### Problem requirements
Your answer should be each line of the entries that contains the word "bitwise", copied in full.

(Data records)
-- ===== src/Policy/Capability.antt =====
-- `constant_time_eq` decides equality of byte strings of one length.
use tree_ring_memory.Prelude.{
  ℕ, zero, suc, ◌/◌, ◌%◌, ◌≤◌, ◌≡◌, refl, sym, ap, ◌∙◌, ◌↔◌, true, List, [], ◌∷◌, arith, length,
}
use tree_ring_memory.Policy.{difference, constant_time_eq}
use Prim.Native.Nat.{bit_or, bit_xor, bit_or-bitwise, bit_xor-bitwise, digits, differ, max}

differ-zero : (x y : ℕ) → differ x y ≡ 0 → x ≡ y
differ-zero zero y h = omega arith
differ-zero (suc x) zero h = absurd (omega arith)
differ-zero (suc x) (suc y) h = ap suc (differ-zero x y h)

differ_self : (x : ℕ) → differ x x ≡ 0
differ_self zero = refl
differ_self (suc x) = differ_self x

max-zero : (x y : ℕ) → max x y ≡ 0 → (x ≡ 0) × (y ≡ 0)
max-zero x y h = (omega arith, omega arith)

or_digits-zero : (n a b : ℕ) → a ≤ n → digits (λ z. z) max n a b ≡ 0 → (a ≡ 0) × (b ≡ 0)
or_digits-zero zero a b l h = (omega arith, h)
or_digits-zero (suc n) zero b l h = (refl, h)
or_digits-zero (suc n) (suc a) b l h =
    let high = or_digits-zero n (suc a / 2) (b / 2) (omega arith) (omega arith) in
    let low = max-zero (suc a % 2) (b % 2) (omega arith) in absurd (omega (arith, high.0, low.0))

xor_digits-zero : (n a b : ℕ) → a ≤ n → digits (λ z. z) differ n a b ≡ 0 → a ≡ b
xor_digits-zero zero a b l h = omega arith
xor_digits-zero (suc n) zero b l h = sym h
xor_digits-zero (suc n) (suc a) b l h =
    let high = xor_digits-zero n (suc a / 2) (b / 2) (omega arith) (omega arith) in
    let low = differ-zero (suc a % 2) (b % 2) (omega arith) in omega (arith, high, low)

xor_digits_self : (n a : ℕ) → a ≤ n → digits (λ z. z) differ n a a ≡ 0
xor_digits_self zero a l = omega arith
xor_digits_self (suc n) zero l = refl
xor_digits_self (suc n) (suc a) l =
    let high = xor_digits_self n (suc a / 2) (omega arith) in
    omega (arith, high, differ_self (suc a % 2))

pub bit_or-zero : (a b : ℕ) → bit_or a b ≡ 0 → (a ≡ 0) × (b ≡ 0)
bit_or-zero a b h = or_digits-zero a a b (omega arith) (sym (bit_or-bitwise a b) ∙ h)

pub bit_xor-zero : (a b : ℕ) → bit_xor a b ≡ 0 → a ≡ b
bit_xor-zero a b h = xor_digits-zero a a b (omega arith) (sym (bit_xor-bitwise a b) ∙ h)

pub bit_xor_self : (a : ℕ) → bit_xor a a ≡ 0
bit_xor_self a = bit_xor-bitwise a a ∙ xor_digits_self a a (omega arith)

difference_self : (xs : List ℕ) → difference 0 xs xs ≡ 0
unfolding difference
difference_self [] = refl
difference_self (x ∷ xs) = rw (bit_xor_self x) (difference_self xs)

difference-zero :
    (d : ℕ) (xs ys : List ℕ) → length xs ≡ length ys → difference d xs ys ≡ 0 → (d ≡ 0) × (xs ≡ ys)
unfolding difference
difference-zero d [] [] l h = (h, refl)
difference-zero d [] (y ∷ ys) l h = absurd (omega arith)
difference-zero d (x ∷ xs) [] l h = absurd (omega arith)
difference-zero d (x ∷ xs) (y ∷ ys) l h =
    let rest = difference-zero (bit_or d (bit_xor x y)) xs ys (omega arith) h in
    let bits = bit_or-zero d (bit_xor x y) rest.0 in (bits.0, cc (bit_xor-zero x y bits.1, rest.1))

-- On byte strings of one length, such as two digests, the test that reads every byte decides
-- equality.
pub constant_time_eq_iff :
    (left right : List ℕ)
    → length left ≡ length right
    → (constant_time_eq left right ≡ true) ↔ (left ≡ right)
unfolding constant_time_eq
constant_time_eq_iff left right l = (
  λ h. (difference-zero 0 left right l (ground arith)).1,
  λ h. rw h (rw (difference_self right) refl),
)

### Result below
use Prim.Native.Nat.{bit_or, bit_xor, bit_or-bitwise, bit_xor-bitwise, digits, differ, max}
bit_or-zero a b h = or_digits-zero a a b (omega arith) (sym (bit_or-bitwise a b) ∙ h)
bit_xor-zero a b h = xor_digits-zero a a b (omega arith) (sym (bit_xor-bitwise a b) ∙ h)
bit_xor_self a = bit_xor-bitwise a a ∙ xor_digits_self a a (omega arith)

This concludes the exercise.